官僚を「公営シンクタンク」として使う、日本の安上がりな政治システム
JBpress - 下野する高級官僚は何処へ? 政権交代と日本版「回転ドア」(2009年09月01日 博雅)
http://jbpress.ismedia.jp/articles/-/1615
<2009年8月30日の総選挙で民主党が圧勝し、政権交代が間近に迫った。政策の立案・運営面では、政治的中立の官僚を政府が「お抱え」で活用してきた国の「形」が、多少なりとも変わりそうだ。「官僚制度の打破」「天下りの禁止」といったお題目の下、政策立案の現場に政治家や政治色の強いスタッフが順次投入されていくのは間違いない>。
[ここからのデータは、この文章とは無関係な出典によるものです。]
-- ===== src/Tester/Run/Accounting.antt =====
-- The counters of a run: every executed row is counted once, and the limits are kept.
use remill_tester.Base.{
  ℕ, ◌+◌, ◌≤◌, ◌<◌, ◌≡◌, ◌≢◌, arith, Bool, true, false, List, some, if◌then◌else◌, length,
}
use remill_tester.Base.Text.{Text}
use remill_tester.Base.Map.{text_key}
use remill_tester.Expectation.{ExpectationRow}
use remill_tester.XedMetadata.{XedMetadata}
use remill_tester.Comparator.Compare.{ComparisonResult}
use remill_tester.Tester.Summary.{record_skip, record_decode, record_row}
use remill_tester.Backend.Pending.{RemillBackend}
use remill_tester.Tester.Options.{Options}
use remill_tester.Tester.Run.{
  print_decode, RunState, reached, select_group, skip_row, record_comparison,
}

abbrev pub executed : RunState → ℕ
executed s = s.summary.execution_passed + s.summary.execution_failed + s.summary.execution_skipped

-- What the counters tell, whatever the decoder, the backend and the comparison answer.
pub record IsConsistent (options : Options) (s : RunState) : Type 0 where
  pub rows_counted : executed s ≡ (if options.execute then s.summary.selected_rows else 0)
  pub groups_counted : s.summary.selected_instruction_groups ≡ length s.selected_groups
  pub states_limit : options.limit_states ≢ 0 → s.summary.selected_rows ≤ options.limit_states
  pub instructions_limit :
      options.limit_instructions ≢ 0
      → s.summary.selected_instruction_groups ≤ options.limit_instructions
  pub first_failure :
      options.stop_on_first_fail ≡ true → s.summary.execution_failed ≤ (if s.stop then 1 else 0)

pub choose-IsConsistent :
    (options : Options) (b : Bool) {s t : RunState}
    → IsConsistent options s
    → IsConsistent options t
    → IsConsistent options (if b then s else t)
choose-IsConsistent options true left right = left
choose-IsConsistent options false left right = right

-- The same within a row that is selected and not executed yet.
pub record IsPending (options : Options) (s : RunState) : Type 0 where
  pub rows_pending : executed s + 1 ≡ s.summary.selected_rows
  pub groups_counted : s.summary.selected_instruction_groups ≡ length s.selected_groups
  pub states_limit : options.limit_states ≢ 0 → s.summary.selected_rows ≤ options.limit_states
  pub instructions_limit :
      options.limit_instructions ≢ 0
      → s.summary.selected_instruction_groups ≤ options.limit_instructions
  pub no_failure : options.stop_on_first_fail ≡ true → s.summary.execution_failed ≡ 0

pub skip_row-IsConsistent :
    (options : Options) (path : Text) (row : ExpectationRow) (reason detail : Text) (s : RunState)
    → options.execute ≡ true
    → IsPending options s
    → IsConsistent options (skip_row path row reason detail s)
unfolding skip_row record_skip
skip_row-IsConsistent options path row reason detail s on p = ground arith

pub record_comparison-IsConsistent :
    (options : Options) (path : Text) (row : ExpectationRow) (c : ComparisonResult) (s : RunState)
    → options.execute ≡ true
    → IsPending options s
    → IsConsistent options (record_comparison options path row c s)
unfolding record_comparison
record_comparison-IsConsistent options path row c s on p = ground arith

-- The same for a row that the limits let through.
pub record IsReady (options : Options) (s : RunState) : Type 0 where
  pub rows_counted : executed s ≡ (if options.execute then s.summary.selected_rows else 0)
  pub groups_counted : s.summary.selected_instruction_groups ≡ length s.selected_groups
  pub room : options.limit_states ≢ 0 → s.summary.selected_rows < options.limit_states
  pub instructions_limit :
      options.limit_instructions ≢ 0
      → s.summary.selected_instruction_groups ≤ options.limit_instructions
  pub no_failure : options.stop_on_first_fail ≡ true → s.summary.execution_failed ≡ 0

pub select_group-IsReady :
    (options : Options) (path : Text) (row : ExpectationRow) (s : RunState) {s' : RunState}
    → IsConsistent options s
    → s.stop ≡ false
    → reached options.limit_states s.summary.selected_rows ≡ false
    → select_group options path row s ≡ some s'
    → IsReady options s'
unfolding select_group reached
select_group-IsReady options path row s c going room selected = ground arith

pub decoded-IsReady :
    (options : Options) (s : RunState) (metadata : XedMetadata) (n : ℕ)
    (cache : List (Text × XedMetadata))
    → IsReady options s
    → IsReady options
        (record s { decode_cache = cache; summary = record_decode s.summary metadata n })
unfolding record_decode
decoded-IsReady options s metadata n cache r = ground arith

pub counted-IsPending :
    (options : Options) (s : RunState) (mnemonic : Text) (metadata : XedMetadata) (missing : Bool)
    → options.execute ≡ true
    → IsReady options s
    → IsPending options (record s { summary = record_row s.summary mnemonic metadata missing })
unfolding record_row
counted-IsPending options s mnemonic metadata missing on r = ground arith

pub counted-IsConsistent :
    (options : Options) (s : RunState) (mnemonic : Text) (metadata : XedMetadata) (missing : Bool)
    → options.execute ≡ false
    → IsReady options s
    → IsConsistent options (record s { summary = record_row s.summary mnemonic metadata missing })
unfolding record_row
counted-IsConsistent options s mnemonic metadata missing off r = ground arith

pub print_decode-IsReady :
    (options : Options) (row : ExpectationRow) (metadata : XedMetadata) (s : RunState)
    → IsReady options s
    → IsReady options (print_decode options row metadata s)
unfolding print_decode
print_decode-IsReady options row metadata s r = ground arith

pub backend-IsPending :
    (options : Options) (s : RunState) (backend : RemillBackend)
    → IsPending options s
    → IsPending options (record s { backend = backend })
backend-IsPending options s backend p = ground arith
<まず、これまでの日本の高級官僚制度を大まかに整理してみたい。政策立案・運営能力のある優秀な人材を国民が税金で雇い、安定的に活用しようとするものである。批判を浴びているが、天下りとは人材が固定化して政策が硬直化する事態を回避し、且つ官僚の引退後の生活を保障することで、骨身を惜しまず不偏的に国家戦略に尽くすことを求めたシステムと言える>。
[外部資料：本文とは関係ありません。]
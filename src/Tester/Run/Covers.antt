-- ===== src/Tester/Run/Covers.antt =====
-- What the rows of a run without a failure are like, in terms of the decoder, the backend and the
-- comparison: nothing is said of the counters here. Rows and Files show that the loop implies it.
pub mod Decoding
pub mod Execution
pub mod Rows
pub mod Files
use mathlib.Core.Path.{subst}
use remill_tester.Base.{
  ℕ, ◌+◌, ◌≡◌, ◌≢◌, ◌∙◌, ◌⊎◌, inl, inr, refl, sym, ap, arith, Bool, true, false, not, ◌&&◌, List,
  [], ◌∷◌, Option, none, some, if◌then◌else◌, length, empty_list, Bool-cases, All, ◌||◌, map,
}
use remill_tester.Base.Text.{Text}
use remill_tester.Base.Map.{find, assign, text_key, All-find, All-assign}
use remill_tester.Base.Result.{
  ok, ◌>>=◌, Holds, Holds-bind, Holds-if, Holds-ok, Holds-run, Holds-map, Holds-map_error,
  map_error,
}
use remill_tester.Expectation.{ExecutionResult, ExpectationRow}
use remill_tester.Parser.Strings.{Parse, parse_hex_bytes}
use remill_tester.Parser.File.{ParsedCorpus, parse_file}
use remill_tester.XedMetadata.{XedMetadata}
use remill_tester.Comparator.Compare.{ComparisonResult}
use remill_tester.Backend.Pending.{RemillBackend}
use remill_tester.Tester.Options.{Options}
use remill_tester.Tester.Operands.{decode_key, first_token}
use remill_tester.Tester.Skip.{SkipInfo, pre_execution_skip, unsupported_reason, unsupported_detail}
use remill_tester.Tester.Json.{mismatch_json}
use remill_tester.Tester.Summary.{record_skip, record_decode, record_row}
use remill_tester.Tester.Unsupported.{requires_memory_oracle}
use remill_tester.Tester.Run.{
  RunError, RunState, passes_filters, reached, select_group, keys_of, is_unsupported, skip_row,
  record_comparison, print_decode, metadata_of_row, run_selected, execute_row, count_row,
  process_row, process_rows, count_corpus, process_files, initial_run, report,
}

-- The counters that the exit status looks at.
abbrev pub failures : RunState → ℕ
failures s =
    s.summary.xed_decode_failures + s.summary.xed_length_mismatches + s.summary.execution_failed

-- Only a limit that is not 0 ends the loop without a failure.
abbrev pub Limited : Options → Type 0
Limited options = (options.limit_states ≢ 0) ⊎ (options.limit_instructions ≢ 0)

module _ (decode : ℕ → List ℕ → XedMetadata)
    (run_case : ExpectationRow
      → List Text
      → RemillBackend
      → Parse (ExecutionResult × RemillBackend))
    (compare : ExpectationRow → XedMetadata → ExecutionResult → ComparisonResult)
    (options : Options) where
  -- The metadata are those of a row with this key, which decodes, to the length of its opcode.
  pub record Decodes (key : Text) (metadata : XedMetadata) : Type 0 where
    pub first : ExpectationRow
    pub bytes : List ℕ
    pub same_key : decode_key first ≡ key
    pub parsed : parse_hex_bytes first.opcode ≡ ok bytes
    pub decoded : metadata ≡ decode first.address bytes
    pub succeeds : metadata.ok ≡ true
    pub whole : metadata.length ≡ length bytes

  -- The row is skipped before it is run, or by the backend, or the comparison of its run passes.
  pub data Executed (row : ExpectationRow) (metadata : XedMetadata) : Type 0 where
    skipped :
        (info : SkipInfo)
        → pre_execution_skip metadata row
            (metadata.ok && requires_memory_oracle metadata && empty_list row.initial_memory)
          ≡ ok (some info)
        → Executed row metadata
    unsupported :
        (execution : ExecutionResult) (before after : RemillBackend)
        → run_case row (keys_of row.expected_final_state) before ≡ ok (execution, after)
        → is_unsupported execution.outcome_class ≡ true
        → Executed row metadata
    passed :
        (execution : ExecutionResult) (before after : RemillBackend)
        → run_case row (keys_of row.expected_final_state) before ≡ ok (execution, after)
        → (compare row metadata execution).passed ≡ true
        → Executed row metadata

  pub data RowIsGood (row : ExpectationRow) : Type 0 where
    left_out : passes_filters options row ≡ false → RowIsGood row
    good :
        (metadata : XedMetadata)
        → Decodes (decode_key row) metadata
        → (options.execute ≡ true → Executed row metadata)
        → RowIsGood row

  -- Every row is good, up to the end or, where the Boolean is true, up to a limit.
  pub data Covered : List ExpectationRow → Bool → Type 0 where
    all_read : Covered [] false
    cut :
        {row : ExpectationRow} {rows : List ExpectationRow}
        → Limited options
        → Covered (row ∷ rows) true
    next :
        {row : ExpectationRow} {rows : List ExpectationRow} {b : Bool}
        → RowIsGood row
        → Covered rows b
        → Covered (row ∷ rows) b

  -- The same for the rows of every file.
  pub data FilesCovered (read_file : Text → Option (List Text)) : List Text → Bool → Type 0 where
    no_more : FilesCovered read_file [] false
    cut :
        {path : Text} {paths : List Text} (corpus : ParsedCorpus)
        → parse_file (read_file path) ≡ ok corpus
        → Covered corpus.rows true
        → FilesCovered read_file (path ∷ paths) true
    next :
        {path : Text} {paths : List Text} {b : Bool} (corpus : ParsedCorpus)
        → parse_file (read_file path) ≡ ok corpus
        → Covered corpus.rows false
        → FilesCovered read_file paths b
        → FilesCovered read_file (path ∷ paths) b

  -- Every entry of the cache is such metadata.
  abbrev pub CacheIsGood : RunState → Type 0
  CacheIsGood s = All (λ (e : Text × XedMetadata). Decodes e.0 e.1) s.decode_cache
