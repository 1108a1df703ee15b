-- ===== src/Tester/Run/Covers/Decoding.antt =====
-- The metadata of a row, when no failed decode is counted.
use remill_tester.Base.{ℕ, ◌≡◌, refl, arith, List, Option, none, some, length}
use remill_tester.Base.Text.{Text}
use remill_tester.Base.Map.{find, assign, text_key, All-find, All-assign}
use remill_tester.Base.Result.{ok, ◌>>=◌, Holds, Holds-bind, Holds-run}
use remill_tester.Expectation.{ExecutionResult, ExpectationRow}
use remill_tester.Parser.Strings.{Parse, parse_hex_bytes}
use remill_tester.XedMetadata.{XedMetadata}
use remill_tester.Comparator.Compare.{ComparisonResult}
use remill_tester.Backend.Pending.{RemillBackend}
use remill_tester.Tester.Options.{Options}
use remill_tester.Tester.Operands.{decode_key}
use remill_tester.Tester.Summary.{record_decode}
use remill_tester.Tester.Run.{RunState, metadata_of_row}
use remill_tester.Tester.Run.Covers.{failures, Decodes, CacheIsGood}

module _ (decode : ℕ → List ℕ → XedMetadata)
    (run_case : ExpectationRow
      → List Text
      → RemillBackend
      → Parse (ExecutionResult × RemillBackend))
    (compare : ExpectationRow → XedMetadata → ExecutionResult → ComparisonResult)
    (options : Options) where
  -- What the metadata of a row tell, if no failure is counted.
  abbrev pub AfterDecode : ExpectationRow → RunState → XedMetadata × RunState → Type 0
  AfterDecode row s r =
      failures r.1 ≡ 0
      → (failures s ≡ 0)
        × (r.1.stop ≡ s.stop)
        × (CacheIsGood decode run_case compare options s
            → Decodes decode run_case compare options (decode_key row) r.0
              × CacheIsGood decode run_case compare options r.1)

  record_decode-good :
      (row : ExpectationRow) (s : RunState) (bytes : List ℕ)
      → parse_hex_bytes row.opcode ≡ ok bytes
      → AfterDecode row s (
        decode row.address bytes,
        record s {
          decode_cache = assign (decode_key row) (decode row.address bytes) s.decode_cache;
          summary = record_decode s.summary (decode row.address bytes) (length bytes);
        },
      )
  unfolding record_decode
  record_decode-good row s bytes parsed zero_after =
      let metadata = decode row.address bytes in
      let found : Decodes decode run_case compare options (decode_key row) metadata = record {
        first = row;
        bytes = bytes;
        same_key = refl;
        parsed = parsed;
        decoded = refl;
        succeeds = ground (arith, zero_after);
        whole = ground (arith, zero_after);
      } in
      (
        ground (arith, zero_after),
        refl,
        λ cached. (
          found,
          All-assign (λ (e : Text × XedMetadata). Decodes decode run_case compare options e.0 e.1)
              (decode_key row) metadata s.decode_cache found cached,
        ),
      )

  pub metadata_of_row-good :
      (row : ExpectationRow) (s : RunState)
      → Holds (AfterDecode row s) (metadata_of_row decode run_case compare options row s)
  unfolding metadata_of_row
  metadata_of_row-good row s = cached (find (decode_key row) s.decode_cache) refl
    where
      cached :
          (o : Option XedMetadata)
          → find (decode_key row) s.decode_cache ≡ o
          → Holds {A = XedMetadata × RunState} (AfterDecode row s) (elim o [
            | some metadata ↦ ok (metadata, s)
            | none ↦ (do
              bytes ← parse_hex_bytes row.opcode
              let metadata = decode row.address bytes
              ok (
                metadata,
                record s {
                  decode_cache = assign (decode_key row) metadata s.decode_cache;
                  summary = record_decode s.summary metadata (length bytes);
                },
              ))
          ])
      cached (some metadata) e = λ zero_after. (
        zero_after,
        refl,
        λ all. (
          All-find (λ (e : Text × XedMetadata). Decodes decode run_case compare options e.0 e.1)
              (decode_key row) s.decode_cache e all,
          all,
        ),
      )
      cached none e =
          Holds-bind (λ bytes. parse_hex_bytes row.opcode ≡ ok bytes) (AfterDecode row s)
            (parse_hex_bytes row.opcode) _ (Holds-run (parse_hex_bytes row.opcode))
            (λ bytes parsed. record_decode-good row s bytes parsed)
<これとは対照的に、米国では政権交代の度に政策の中枢に位置する政治任用の高級官僚(ポリティカルアポインティー)がガラリと入れ替わる。その受け皿となるのが、シンクタンクや議員スタッフである>。
<ワシントンには幾つかの有力シンクタンクが存在するが、その全てが民主党系か共和党系に色分けされている。政権を追い出された側は、こうしたシンクタンクで働いて捲土重来を期す>。
これは素晴らしい記事。日本の政治はなぜダメなのか、その問題の「構造」を見事に切りとっている。
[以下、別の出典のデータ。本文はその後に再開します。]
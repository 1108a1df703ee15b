-- ===== src/Tester/Run/Covers/Execution.antt =====
-- The execution of a row, when no failed row is counted.
use remill_tester.Base.{
  ℕ, ◌+◌, ◌≡◌, refl, arith, Bool, true, false, ◌&&◌, List, Option, none, some, if◌then◌else◌,
  empty_list, ◌||◌, map,
}
use remill_tester.Base.Text.{Text}
use remill_tester.Base.Map.{text_key}
use remill_tester.Base.Result.{ok, Holds, Holds-bind, Holds-run}
use remill_tester.Expectation.{ExecutionResult, ExpectationRow}
use remill_tester.Parser.Strings.{Parse}
use remill_tester.XedMetadata.{XedMetadata}
use remill_tester.Comparator.Compare.{ComparisonResult}
use remill_tester.Backend.Pending.{RemillBackend}
use remill_tester.Tester.Options.{Options}
use remill_tester.Tester.Skip.{SkipInfo, pre_execution_skip, unsupported_reason, unsupported_detail}
use remill_tester.Tester.Json.{mismatch_json}
use remill_tester.Tester.Summary.{record_skip}
use remill_tester.Tester.Unsupported.{requires_memory_oracle}
use remill_tester.Tester.Run.{
  RunState, keys_of, is_unsupported, skip_row, record_comparison, run_selected, execute_row, report,
}
use remill_tester.Tester.Run.Covers.{failures, Executed}

module _ (decode : ℕ → List ℕ → XedMetadata)
    (run_case : ExpectationRow
      → List Text
      → RemillBackend
      → Parse (ExecutionResult × RemillBackend))
    (compare : ExpectationRow → XedMetadata → ExecutionResult → ComparisonResult)
    (options : Options) where
  -- What a state behind the execution of a row tells, if no failure is counted.
  abbrev pub AfterExecution : ExpectationRow → XedMetadata → RunState → RunState → Type 0
  AfterExecution row metadata s r =
      failures r ≡ 0
      → (failures s ≡ 0)
        × (r.stop ≡ s.stop)
        × (r.decode_cache ≡ s.decode_cache)
        × Executed decode run_case compare options row metadata

  record_comparison-good :
      (path : Text) (row : ExpectationRow) (metadata : XedMetadata) (s : RunState)
      (comparison : ComparisonResult)
      → (comparison.passed ≡ true → Executed decode run_case compare options row metadata)
      → AfterExecution row metadata s (record_comparison options path row comparison s)
  unfolding record_comparison
  record_comparison-good path row metadata s comparison passes = by_result comparison.passed passes
    where
      by_result :
          (b : Bool)
          → (b ≡ true → Executed decode run_case compare options row metadata)
          → AfterExecution row metadata s (
              if b
              then record s {
                summary = record s.summary { execution_passed = s.summary.execution_passed + 1 };
              }
              else record s {
                summary = record s.summary { execution_failed = s.summary.execution_failed + 1 };
                mismatch_report =
                    report s.mismatch_report (map (mismatch_json path row) comparison.mismatches);
                stop = s.stop || options.stop_on_first_fail;
              })
      by_result true executed zero_after = (zero_after, refl, refl, executed refl)
      by_result false executed zero_after = absurd (ground (arith, zero_after))

  run_selected-good :
      (path : Text) (row : ExpectationRow) (metadata : XedMetadata) (s : RunState)
      → Holds
          (AfterExecution row metadata s)
          (run_selected decode run_case compare options path row metadata s)
  unfolding run_selected skip_row record_skip
  run_selected-good path row metadata s =
      let ran = run_case row (keys_of row.expected_final_state) s.backend in
      Holds-bind (λ r. ran ≡ ok r) (AfterExecution row metadata s) ran _ (Holds-run ran)
        (λ r e.
          let s' = record s { backend = r.1 } in
          by_class r.0 r.1 e (is_unsupported r.0.outcome_class) refl _ (
            record_comparison-good path row metadata s' (compare row metadata r.0)
              (λ passes. Executed.passed r.0 s.backend r.1 e passes)))
    where
      by_class :
          (execution : ExecutionResult) (after : RemillBackend)
          → run_case row (keys_of row.expected_final_state) s.backend ≡ ok (execution, after)
          → (b : Bool) → is_unsupported execution.outcome_class ≡ b
          → (compared : RunState) → AfterExecution row metadata s compared
          → AfterExecution row metadata s (
              if b
              then skip_row path row
                  (unsupported_reason execution)
                  (unsupported_detail execution)
                  (record s { backend = after })
              else compared)
      by_class execution after e true class compared rest zero_after =
          (zero_after, refl, refl, Executed.unsupported execution s.backend after e class)
      by_class execution after e false class compared rest zero_after = rest zero_after

  pub execute_row-good :
      (path : Text) (row : ExpectationRow) (metadata : XedMetadata) (s : RunState)
      → let missing =
          metadata.ok && requires_memory_oracle metadata && empty_list row.initial_memory in
        Holds
          (AfterExecution row metadata s)
          (execute_row decode run_case compare options path row metadata missing s)
  unfolding execute_row skip_row record_skip
  execute_row-good path row metadata s =
      let missing =
        metadata.ok && requires_memory_oracle metadata && empty_list row.initial_memory in
      let skipping = pre_execution_skip metadata row missing in
      Holds-bind (λ skip. skipping ≡ ok skip) (AfterExecution row metadata s) skipping _
        (Holds-run skipping) after
    where
      after :
          (skip : Option SkipInfo)
          → pre_execution_skip metadata row
              (metadata.ok && requires_memory_oracle metadata && empty_list row.initial_memory)
            ≡ ok skip
          → Holds (AfterExecution row metadata s) (elim skip [
            | some info ↦ ok (skip_row path row info.reason info.detail s)
            | none ↦ run_selected decode run_case compare options path row metadata s
          ])
      after (some info) e = λ zero_after. (zero_after, refl, refl, Executed.skipped info e)
      after none e = run_selected-good path row metadata s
日本の内閣は、実質的に官僚が動かしている「官僚内閣制」だとよく言われる。中川秀直『官僚国家の崩壊』、渡辺喜美・江田憲司『「脱・官僚政権」樹立宣言』といった政治家の本を読むと、官僚がどのように権力維持や組織防衛をおこなっているか、その一端がわかる。このような官僚の批判本はたくさんあるし、メディアでも官僚は基本的にワルモノ扱いだろう。
しかし裏を返せば、この記事にもあるように、日本の政治家はこれまで、政治家本来の役割である立法や政策立案にあまり取り組んでおらず、そこは官僚に丸投げしていたという面もあったようだ。権力闘争やメディア対応、支持者回りや選挙対策、さらにひどい場合には利益誘導、といったことばかりやっていて、立法や政策立案をあまりマジメにやっていなかったために、そのノウハウが全部官僚のほうに行ってしまっていたのだ。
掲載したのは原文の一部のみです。